AFU lawyers are adamant that on the balance of probabilities there was criminal conduct and thus maintain their version is more plausible and one would have thought that a conscientious and honest NDPP would place sufficient trust in his lawyers to go with their version.

Nevertheless Simelane chose rather to believe Hlongwane. This is strange as BAE who paid the money has entered into a plea bargain on some of the bribery allegations against it while other charges against them were dropped, partly because anti-corruption legislation in the UK is deficient – unlike South Africa who has much stronger anti-corruption legislation.

The crux of the matter is this: there is strong suspicions, based on the available evidence, that BAE paid bribes via Hlongwane to secure arms deal contracts from South Africa. Hlongwane’s lawyers provided a different story. One had to choose either to believe this story of Hlongwane or to believe the mountains of circumstantial evidence pointing the other way. Simelane chose to believe the former and not the latter.

That was a choice his own investigators with intimate knowledge of the details of the case would not have made. The question then arises: why did Simelane believe Hlongwane rather than the lawyers in the AFU? To answer this question one has to remember that the AFU lawyers are not well-connected ANC funders and supporters while Hlongwane is. One also has to remember that Hlongwane is alleged to have paid bribes of millions of Rand to various ANC connected people and recall that Simelane was deployed to the NDPP by the ANC.

If one has strong political loyalties and one is presented with two versions of events, one is likely to believe the version that will be most beneficial to one’s political masters.

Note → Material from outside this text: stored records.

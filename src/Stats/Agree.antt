-- ===== src/Stats/Agree.antt =====
-- python/sim/stats.py: every call keeps the tables in agreement with the log.
use Prim.Native.String.{String}
use tt_lang.Prelude.{ℤ, ◌≡◌, refl, ◌∙◌, List, [], ◌∷◌, Bool, true, false, arith}
use tt_lang.Stats.{
  Stats, enable_stats, disable_stats, reset_stats, get_tensor_name, add_read, add_write,
  add_reserve, add_wait, calculate_tensor_tiles, calculate_block_tiles, get_pipe_name, get_dfb_name,
  record_tensor_read, record_tensor_write, record_pipe_read, record_pipe_write, record_dfb_reserve,
  record_dfb_wait,
}
use tt_lang.Stats.History.{
  Record, tensor_read, tensor_write, pipe_read, pipe_write, dfb_reserve, dfb_wait, Event, enable,
  disable, reset, op, is_tensor_read, is_tensor_write, is_pipe_read, is_pipe_write, is_dfb_reserve,
  is_dfb_wait, logged, run, record_call,
}
use tt_lang.Stats.Sums.{
  Sums, Sums-change, Sums-other, counters_view, dfb_view, Counts-add_read, Counts-add_write,
  Counts-add_reserve, Counts-add_wait,
}

-- The three tables.
pub record Agree (s : Stats) (log : List Record) : Type 0 where
  pub tensors : Sums counters_view is_tensor_read is_tensor_write s.stats_by_name log
  pub pipes : Sums counters_view is_pipe_read is_pipe_write s.pipe_stats_by_name log
  pub dfbs : Sums dfb_view is_dfb_reserve is_dfb_wait s.dfb_stats_by_name log

module _ (str : ℤ → String) (log : List Record) where
  Agree-record_call :
      (x : Record) (s : Stats)
      → s.stats_enabled ≡ true
      → Agree s log
      → Agree (record_call str x s) (x ∷ log)
  unfolding record_tensor_read record_tensor_write record_pipe_read record_pipe_write
      record_dfb_reserve record_dfb_wait
  Agree-record_call (tensor_read t) s e h = rw e record {
    tensors =
        Sums-change counters_view is_tensor_read is_tensor_write (tensor_read t) log
          (get_tensor_name str t) (add_read (calculate_tensor_tiles t)) s.stats_by_name
          (refl, refl, refl, refl)
          (Counts-add_read is_tensor_read is_tensor_write (tensor_read t) refl refl) h.tensors;
    pipes =
        Sums-other counters_view is_pipe_read is_pipe_write (tensor_read t) log s.pipe_stats_by_name
          refl refl h.pipes;
    dfbs =
        Sums-other dfb_view is_dfb_reserve is_dfb_wait (tensor_read t) log s.dfb_stats_by_name refl
          refl h.dfbs;
  }
  Agree-record_call (tensor_write t) s e h = rw e record {
    tensors =
        Sums-change counters_view is_tensor_read is_tensor_write (tensor_write t) log
          (get_tensor_name str t) (add_write (calculate_tensor_tiles t)) s.stats_by_name
          (refl, refl, refl, refl)
          (Counts-add_write is_tensor_read is_tensor_write (tensor_write t) refl refl) h.tensors;
    pipes =
        Sums-other counters_view is_pipe_read is_pipe_write (tensor_write t) log
          s.pipe_stats_by_name refl refl h.pipes;
    dfbs =
        Sums-other dfb_view is_dfb_reserve is_dfb_wait (tensor_write t) log s.dfb_stats_by_name refl
          refl h.dfbs;
  }
  Agree-record_call (pipe_read p ts) s e h = rw e record {
    tensors =
        Sums-other counters_view is_tensor_read is_tensor_write (pipe_read p ts) log s.stats_by_name
          refl refl h.tensors;
    pipes =
        Sums-change counters_view is_pipe_read is_pipe_write (pipe_read p ts) log
          (get_pipe_name str p) (add_read (calculate_block_tiles ts)) s.pipe_stats_by_name
          (refl, refl, refl, refl)
          (Counts-add_read is_pipe_read is_pipe_write (pipe_read p ts) refl refl) h.pipes;
    dfbs =
        Sums-other dfb_view is_dfb_reserve is_dfb_wait (pipe_read p ts) log s.dfb_stats_by_name refl
          refl h.dfbs;
  }
  Agree-record_call (pipe_write p ts) s e h = rw e record {
    tensors =
        Sums-other counters_view is_tensor_read is_tensor_write (pipe_write p ts) log
          s.stats_by_name refl refl h.tensors;
    pipes =
        Sums-change counters_view is_pipe_read is_pipe_write (pipe_write p ts) log
          (get_pipe_name str p) (add_write (calculate_block_tiles ts)) s.pipe_stats_by_name
          (refl, refl, refl, refl)
          (Counts-add_write is_pipe_read is_pipe_write (pipe_write p ts) refl refl) h.pipes;
    dfbs =
        Sums-other dfb_view is_dfb_reserve is_dfb_wait (pipe_write p ts) log s.dfb_stats_by_name
          refl refl h.dfbs;
  }
  Agree-record_call (dfb_reserve d n) s e h = rw e record {
    tensors =
        Sums-other counters_view is_tensor_read is_tensor_write (dfb_reserve d n) log
          s.stats_by_name refl refl h.tensors;
    pipes =
        Sums-other counters_view is_pipe_read is_pipe_write (dfb_reserve d n) log
          s.pipe_stats_by_name refl refl h.pipes;
    dfbs =
        Sums-change dfb_view is_dfb_reserve is_dfb_wait (dfb_reserve d n) log
          ((get_dfb_name str d s.dfb_name_counter).0) (add_reserve n) s.dfb_stats_by_name
          (refl, refl, refl, refl)
          (Counts-add_reserve is_dfb_reserve is_dfb_wait (dfb_reserve d n) refl refl) h.dfbs;
  }
  Agree-record_call (dfb_wait d n) s e h = rw e record {
    tensors =
        Sums-other counters_view is_tensor_read is_tensor_write (dfb_wait d n) log s.stats_by_name
          refl refl h.tensors;
    pipes =
        Sums-other counters_view is_pipe_read is_pipe_write (dfb_wait d n) log s.pipe_stats_by_name
          refl refl h.pipes;
    dfbs =
        Sums-change dfb_view is_dfb_reserve is_dfb_wait (dfb_wait d n) log
          ((get_dfb_name str d s.dfb_name_counter).0) (add_wait n) s.dfb_stats_by_name
          (refl, refl, refl, refl)
          (Counts-add_wait is_dfb_reserve is_dfb_wait (dfb_wait d n) refl refl) h.dfbs;
  }

-- While the statistics are off no call changes anything.
pub record_call-off :
    (str : ℤ → String) (x : Record) (s : Stats) → s.stats_enabled ≡ false → record_call str x s ≡ s
unfolding record_tensor_read record_tensor_write record_pipe_read record_pipe_write
    record_dfb_reserve record_dfb_wait
record_call-off str (tensor_read t) s e = simp e
record_call-off str (tensor_write t) s e = simp e
record_call-off str (pipe_read p ts) s e = simp e
record_call-off str (pipe_write p ts) s e = simp e
record_call-off str (dfb_reserve d n) s e = simp e
record_call-off str (dfb_wait d n) s e = simp e

pub record_call-enabled :
    (str : ℤ → String) (x : Record) (s : Stats)
    → (record_call str x s).stats_enabled ≡ s.stats_enabled
unfolding record_tensor_read record_tensor_write record_pipe_read record_pipe_write
    record_dfb_reserve record_dfb_wait
record_call-enabled str (tensor_read t) s = ground arith
record_call-enabled str (tensor_write t) s = ground arith
record_call-enabled str (pipe_read p ts) s = ground arith
record_call-enabled str (pipe_write p ts) s = ground arith
record_call-enabled str (dfb_reserve d n) s = ground arith
record_call-enabled str (dfb_wait d n) s = ground arith

pub Agree-nil : (s : Stats) → Agree (reset_stats s) []
Agree-nil s = record {
  tensors = record { empty = refl; ins = refl; outs = refl; tiles_in = refl; tiles_out = refl };
  pipes = record { empty = refl; ins = refl; outs = refl; tiles_in = refl; tiles_out = refl };
  dfbs = record { empty = refl; ins = refl; outs = refl; tiles_in = refl; tiles_out = refl };
}

pub Agree-run :
    (str : ℤ → String) (log : List Record) (on : Bool) (es : List Event) (s : Stats)
    → s.stats_enabled ≡ on
    → Agree s log
    → Agree (run str es s) (logged on log es)
Agree-run str log on [] s e h = h
Agree-run str log on (enable ∷ es) s e h =
    Agree-run str log true es (enable_stats s) refl
      (record { tensors = h.tensors; pipes = h.pipes; dfbs = h.dfbs })
Agree-run str log on (disable ∷ es) s e h =
    Agree-run str log false es (disable_stats s) refl
      (record { tensors = h.tensors; pipes = h.pipes; dfbs = h.dfbs })
Agree-run str log on (reset ∷ es) s e h = Agree-run str [] on es (reset_stats s) e (Agree-nil s)
Agree-run str log true (op r ∷ es) s e h =
    Agree-run str (r ∷ log) true es (record_call str r s) (record_call-enabled str r s ∙ e)
      (Agree-record_call str log r s e h)
Agree-run str log false (op r ∷ es) s e h =
    Agree-run str log false es (record_call str r s) (record_call-enabled str r s ∙ e)
      (rw (record_call-off str r s e) h)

Maybe all those lawyers at the AFU are wrong and Simelane – with his limited knowledge of the facts – is right. But given Simelane’s track record as a loyal servant of the rich and politically powerful, reasonable people will suspect that Simelane chose to believe one rather than the other side because he was politically required to do so. Was his choice thus a political rather than a legal choice?

A choice for the other version presented by the AFU may have had adverse consequences for many people in the ANC who is alleged to have taken bribes. I for one suspects that this may well have tilted the scales against the AFU in favor of Hlongwane. If Simelane was an honest man and if he had not been exposed at the Ginwala Inquiry as someone who was prepared to act in ways that are both dishonest and perhaps even criminal, I would have given Simelane the benefit of the doubt.

However, given the grave doubts about Simelane’s honesty and integrity, it is impossible to give him the benefit of the doubt. To this observer a reasonable suspicion thus exist that Simelane made a political decision to save the ANC further embarrassment from the arms deal bribery. The AFU lawyers who actually worked on the case agree with me and not with Simelane.

Would Vusi Pikoli have made the same decision as Simelane? I suspect not. No wonder he was fired.